> **What the task requires**
The line containing "-- Two reservations, of" marks the end: write out exactly every line from the first line of the data below through that line, and only those.

> **Stored data**
+===+

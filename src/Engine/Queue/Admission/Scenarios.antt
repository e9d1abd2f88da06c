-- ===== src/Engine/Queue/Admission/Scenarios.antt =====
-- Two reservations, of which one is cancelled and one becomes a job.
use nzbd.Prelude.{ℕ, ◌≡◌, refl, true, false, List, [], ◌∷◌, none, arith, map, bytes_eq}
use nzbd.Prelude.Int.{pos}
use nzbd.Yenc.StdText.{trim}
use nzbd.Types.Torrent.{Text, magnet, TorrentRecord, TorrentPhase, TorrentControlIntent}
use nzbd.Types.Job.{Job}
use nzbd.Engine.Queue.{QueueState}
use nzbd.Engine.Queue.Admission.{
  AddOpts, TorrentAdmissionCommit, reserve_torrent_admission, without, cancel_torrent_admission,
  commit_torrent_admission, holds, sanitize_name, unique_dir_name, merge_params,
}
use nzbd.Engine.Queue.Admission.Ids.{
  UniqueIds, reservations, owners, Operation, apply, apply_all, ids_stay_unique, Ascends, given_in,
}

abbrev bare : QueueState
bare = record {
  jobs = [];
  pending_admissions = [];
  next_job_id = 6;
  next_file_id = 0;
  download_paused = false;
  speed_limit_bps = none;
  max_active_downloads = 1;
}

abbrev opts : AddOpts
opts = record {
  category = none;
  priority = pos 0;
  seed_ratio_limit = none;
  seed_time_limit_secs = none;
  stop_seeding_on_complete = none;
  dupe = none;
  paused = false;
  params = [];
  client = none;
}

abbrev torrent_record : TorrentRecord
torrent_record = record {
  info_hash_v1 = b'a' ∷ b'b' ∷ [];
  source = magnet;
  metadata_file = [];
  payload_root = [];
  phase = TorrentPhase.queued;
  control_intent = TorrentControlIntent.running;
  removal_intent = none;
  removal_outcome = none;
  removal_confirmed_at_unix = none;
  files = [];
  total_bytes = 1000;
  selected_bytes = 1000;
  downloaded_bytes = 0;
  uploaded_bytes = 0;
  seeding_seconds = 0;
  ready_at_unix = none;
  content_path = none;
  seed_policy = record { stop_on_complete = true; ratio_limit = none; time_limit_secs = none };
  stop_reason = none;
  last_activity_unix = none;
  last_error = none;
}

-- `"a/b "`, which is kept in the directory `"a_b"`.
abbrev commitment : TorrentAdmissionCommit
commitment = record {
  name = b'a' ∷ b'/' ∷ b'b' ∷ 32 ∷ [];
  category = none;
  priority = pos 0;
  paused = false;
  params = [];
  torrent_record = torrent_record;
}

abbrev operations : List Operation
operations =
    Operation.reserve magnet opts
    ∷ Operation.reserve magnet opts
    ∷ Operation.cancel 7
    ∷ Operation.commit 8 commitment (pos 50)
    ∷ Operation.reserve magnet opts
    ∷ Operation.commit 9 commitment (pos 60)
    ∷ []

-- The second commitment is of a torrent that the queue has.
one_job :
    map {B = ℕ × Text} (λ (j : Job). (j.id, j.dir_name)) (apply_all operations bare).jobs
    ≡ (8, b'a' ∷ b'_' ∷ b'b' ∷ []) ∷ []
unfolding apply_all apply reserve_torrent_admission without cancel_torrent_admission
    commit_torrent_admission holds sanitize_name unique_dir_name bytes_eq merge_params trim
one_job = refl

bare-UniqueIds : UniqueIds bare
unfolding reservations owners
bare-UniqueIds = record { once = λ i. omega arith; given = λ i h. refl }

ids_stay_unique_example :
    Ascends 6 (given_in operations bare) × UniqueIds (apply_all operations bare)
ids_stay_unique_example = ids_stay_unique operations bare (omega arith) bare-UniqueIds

+===+

> **Output of the exercise**
filename src/Engine/Queue/Admission/Scenarios.antt
repository e9d1abd2f88da06c
-- ===== src/Engine/Queue/Admission/Scenarios.antt =====
-- Two reservations, of which one is cancelled and one becomes a job.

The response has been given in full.